A philosophical problem has the form: I don’t know my way about. (Ludwig Wittgenstein)

Up until the late 19th century every observation was compatible with Newton’s theory of gravity. All these observations are also compatible with Einstein’s General Theory of Relativity. Two quite different theories were compatible with the same set of observations; therefore, one cannot know they have derived true theories from observations.

Assume we have a long series of numbers. They go on: 2, 4, 8 … What is the next number in the series?

16 works (double the last number), but so does 14 (add two, then four, then six) and 10 (alternate between adding two and adding four) works as well. And what about 21.333… (square, then divide by one; take that number then square, then divide by two…)? Or what of (X2), (X4), (X8), (X9), (X10), … Each answer assumes a specific rule, which can be as complicated as you want. The moral of the story?

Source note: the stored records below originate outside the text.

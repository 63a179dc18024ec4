-- ===== src/Trellis/Effects.antt =====
-- What the operations of libs/routers_trellis/src/trellis.rs return where they succeed.
use routers.Common.{
  ℕ, zero, suc, ◌+◌, ◌-◌, ◌≤◌, ◌<◌, ◌≡◌, refl, ap, ap₂, ◌∙◌, sym, List, [], ◌∷◌, ◌++◌, some, arith,
  false, length, get_elem?, take, drop, replicate, u32_mod, as_u32, as_u32_of_lt, len,
  lt_of_get_elem?, length-drop, eq→==, le→ltb, leb, ◌==◌,
}
use native.Mathlib.Numerals.{add-one}
use routers.Common.{◌*◌, map, set, get_elem?-some}
use mathlib.Core.Option.{some-injective}
use routers.Common.Outcome.{ok, err}
use routers.Trellis.Types.{LayerId, TrellisError, pending, resolved}
use routers.Trellis.Graph.{Trellis, sum, new, position_from, pending_between}
use routers.Trellis.Edit.{
  add_layer, fill_nodes, check_nodes, partition, last, fill_transition, check_rows, stored_weight,
}
use routers.Trellis.Shape.{IsShaped-length}
use routers.Trellis.Valid.{IsValid, Place, Place-of_lt, slice_within, write_slice_within}
use routers.Trellis.Valid.Slots.{sum-take-le, sum-take-add}

pub positive : (n : ℕ) → 0 < n → (n == 0) ≡ false
positive n p = ground arith

-- A trellis with one more layer.
abbrev pub grown : ℕ → Trellis → Trellis
grown width t = record {
  widths = t.widths ++ (width ∷ []);
  nodes = t.nodes ++ replicate width 0;
  transitions = t.transitions ++ (pending ∷ []);
}

-- A layer that is not empty is added at the end.
pub add_layer_lem :
    (width : ℕ) (t : Trellis)
    → 0 < width
    → add_layer width t ≡ ok (grown width t, as_u32 (length t.widths))
unfolding add_layer
add_layer_lem width t h = rw (positive width h) refl

pub add_layer_empty :
    (t : Trellis) → add_layer 0 t ≡ err (TrellisError.zero_width_layer (as_u32 (length t.widths)))
unfolding add_layer
add_layer_empty t = refl

-- The trellis of one layer.
abbrev pub single : ℕ → Trellis
single width = record {
  widths = width ∷ [];
  nodes = replicate (as_u32 (sum (width ∷ []))) 0;
  transitions = [];
}

pub new_lem : (width : ℕ) → 0 < width → new (width ∷ []) ≡ ok (single width)
unfolding new position_from pending_between
new_lem width h = rw (positive width h, new, position_from) refl

pub new_empty : new (0 ∷ []) ≡ err (TrellisError.zero_width_layer (as_u32 0))
unfolding new position_from
new_empty = refl

-- Weights that fit are written where the layer stands, and the widths stay.
pub fill_nodes_lem :
    (l : LayerId) (weights : List ℕ) (t : Trellis)
    → IsValid t
    → get_elem? t.widths l ≡ some (length weights)
    → check_nodes weights ≡ ok tt
    → (nodes : List ℕ) × (fill_nodes l weights t ≡ ok (record t { nodes = nodes }))
      × (nodes
          ≡ take (sum (take l t.widths)) t.nodes
            ++ (weights ++ drop (sum (take (suc l) t.widths)) t.nodes))
unfolding fill_nodes
fill_nodes_lem l weights t v e small =
    let p : Place t l = Place-of_lt t l (lt_of_get_elem? t.widths l e) in
    let r = p.range in
    let same : p.width ≡ length weights =
      some-injective p.width (length weights) (sym p.width_eq ∙ e) in
    let fits : r.stop ≤ length t.nodes =
      omega (arith, p.stop_eq, sum-take-le (suc l) t.widths, v.node_count) in
    let size : length weights ≡ len r = omega (arith, p.len_eq, same) in
    (
      take r.start t.nodes ++ (weights ++ drop r.stop t.nodes),
      rw
          (
            p.range_eq,
            eq→== (length weights) (len r) size,
            small,
            write_slice_within t.nodes r weights (omega (arith, p.len_eq)) fits size,
          )
          refl,
      ap₂ (λ a b. take a t.nodes ++ (weights ++ drop b t.nodes)) p.start_eq p.stop_eq,
    )

pub not_le : (a b : ℕ) → b < a → leb a b ≡ false
not_le a b h = ground arith

rejoin : (a b : ℕ) → a < b → a + (b - a) ≡ suc (b - 1)
rejoin a b h = omega arith

top_eq : (a b : ℕ) → a < b → suc (b - 1) ≡ b
top_eq a b h = omega arith

-- On a valid trellis `partition` of a range that is not empty and ends within the trellis and below 2^32
-- returns the widths of the layers in the range, their nodes' weights, and the transitions between
-- them.
pub partition_lem :
    (start stop : LayerId) (t : Trellis)
    → IsValid t
    → start < stop
    → stop ≤ length t.widths
    → stop < u32_mod
    → (u : Trellis) × (partition start stop t ≡ ok u)
      × (u.widths ≡ take (stop - start) (drop start t.widths))
      × (u.nodes
          ≡ take
              (sum (take stop t.widths) - sum (take start t.widths))
              (drop (sum (take start t.widths)) t.nodes))
      × (u.transitions ≡ take (stop - 1 - start) (drop start t.transitions))
unfolding partition
partition_lem start stop t v order inside small =
    let p : Place t start = Place-of_lt t start (omega arith) in
    let q : Place t (stop - 1) = Place-of_lt t (stop - 1) (omega arith) in
    let fits : q.range.stop ≤ length t.nodes =
      omega (arith, q.stop_eq, sum-take-le (suc (stop - 1)) t.widths, v.node_count) in
    let edges : length t.transitions ≡ length t.widths - 1 =
      IsShaped-length t.widths t.transitions v.shape in
    let ordered : p.range.start ≤ q.range.stop = omega (
      arith,
      p.start_eq,
      q.stop_eq,
      sum-take-add start (stop - start) t.widths
          ∙ ap (λ n. sum (take n t.widths)) (rejoin start stop order),
    ) in
    (
      record {
        widths = take (stop - start) (drop start t.widths);
        nodes = take (q.range.stop - p.range.start) (drop p.range.start t.nodes);
        transitions = take (stop - 1 - start) (drop start t.transitions);
      },
      rw
          (
            not_le stop start order,
            le→ltb (length t.widths) stop inside,
            p.range_eq,
            as_u32_of_lt stop small,
            q.range_eq,
          )
          (rw
            (
              slice_within t.widths (record { start = start; stop = stop }) (omega arith) inside,
              slice_within t.nodes (record { start = p.range.start; stop = q.range.stop }) ordered
                  fits,
              slice_within t.transitions (record { start = start; stop = stop - 1 }) (omega arith)
                  (omega (arith, edges)),
            )
            refl),
      refl,
      ap₂ (λ b a. take (b - a) (drop a t.nodes))
          (q.stop_eq ∙ ap (λ n. sum (take n t.widths)) (top_eq start stop order)) p.start_eq,
      refl,
    )

take_all {ℓ} : {A : Type ℓ} (n : ℕ) (xs : List A) → length xs ≤ n → take n xs ≡ xs
take_all zero [] h = refl
take_all zero (x ∷ xs) h = absurd (omega arith)
take_all (suc n) [] h = refl
take_all (suc n) (x ∷ xs) h = ap (λ ys. x ∷ ys) (take_all n xs (omega arith))

-- The last `n` layers of more than `n`: their widths are the last ones.
pub last_lem :
    (n : ℕ) (t : Trellis)
    → IsValid t
    → 0 < n
    → n < length t.widths
    → length t.widths < u32_mod
    → (u : Trellis) × (last n t ≡ ok u) × (u.widths ≡ drop (length t.widths - n) t.widths)
unfolding last
last_lem n t v some_layer proper small =
    let cut = length t.widths - n in
    let (u, found, widths_eq, _, _) =
      partition_lem cut (length t.widths) t v (omega arith) (omega arith) small in
    (
      u,
      rw (as_u32_of_lt (length t.widths) small, as_u32_of_lt (length t.widths - n) (omega arith))
          found,
      widths_eq
          ∙ take_all (length t.widths - cut) (drop cut t.widths)
              (omega (arith, length-drop cut t.widths)),
    )

-- Rows that fit and pass the checks resolve the boundary, and nothing else changes.
pub fill_transition_lem :
    (l : LayerId) (rows : List ℕ) (t : Trellis) (cur next : ℕ)
    → IsValid t
    → get_elem? t.widths l ≡ some cur
    → get_elem? t.widths (suc l) ≡ some next
    → length rows ≡ cur * next
    → check_rows rows ≡ ok tt
    → fill_transition l rows t
      ≡ ok (record t { transitions = set t.transitions l (resolved (map stored_weight rows)) })
unfolding fill_transition
fill_transition_lem l rows t cur next v cur_eq next_eq size small =
    let (x, x_eq) = get_elem?-some t.transitions l (
      omega (
        arith,
        IsShaped-length t.widths t.transitions v.shape,
        lt_of_get_elem? t.widths (suc l) next_eq,
      )) in
    rw
      (
        not_le (length t.widths) (l + 1) (omega (arith, lt_of_get_elem? t.widths (suc l) next_eq)),
        cur_eq,
        add-one,
        next_eq,
      )
      (rw (eq→== (length rows) (cur * next) size, small, x_eq) refl)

*Any finite series allows for an infinite number of rules.*

Perhaps some heuristics might eliminate some rules and leave a much smaller number of viable rules. I don’t think this can work. For instance, parsimony, while *very* helpful, doesn’t imply truth, since the rule the series is following could be complex with many assumptions *or* it could be simple with very few assumptions. Parsimony cannot be known *a priori* to track the truth; therefore, it can only be known *a posteriori* — and only retroactively, for it may track truth only in some cases. In short, the nature of any particular rule doesn’t provide a way to determine a preference.

Our beliefs about what number comes next in the series cannot work, since subjective degrees of certainty say nothing about truth. Confirming observations affect the way we *feel towards the rule*, but they do not affect the rule *simpliciter*. Confirmations do not make theories *more* true. If the rule were true, we would *expect* to see these observations … but this is true for an infinite number of theories. Therefore, the nature of our beliefs when directed at our rules cannot determine a preference.

Confidence would be useful *only* when confident in the rules that correctly predict the next number in the series, and yet confidence may be held with all rules that have merely predicted the finite series of numbers. It is not *a priori* true, therefore it must be *a posteriori* true — but once again it can be know to be true in any case only retroactively: we can tell if our confidence matches the true rule only by exhausting the numbers in the series. And if the series is infinite …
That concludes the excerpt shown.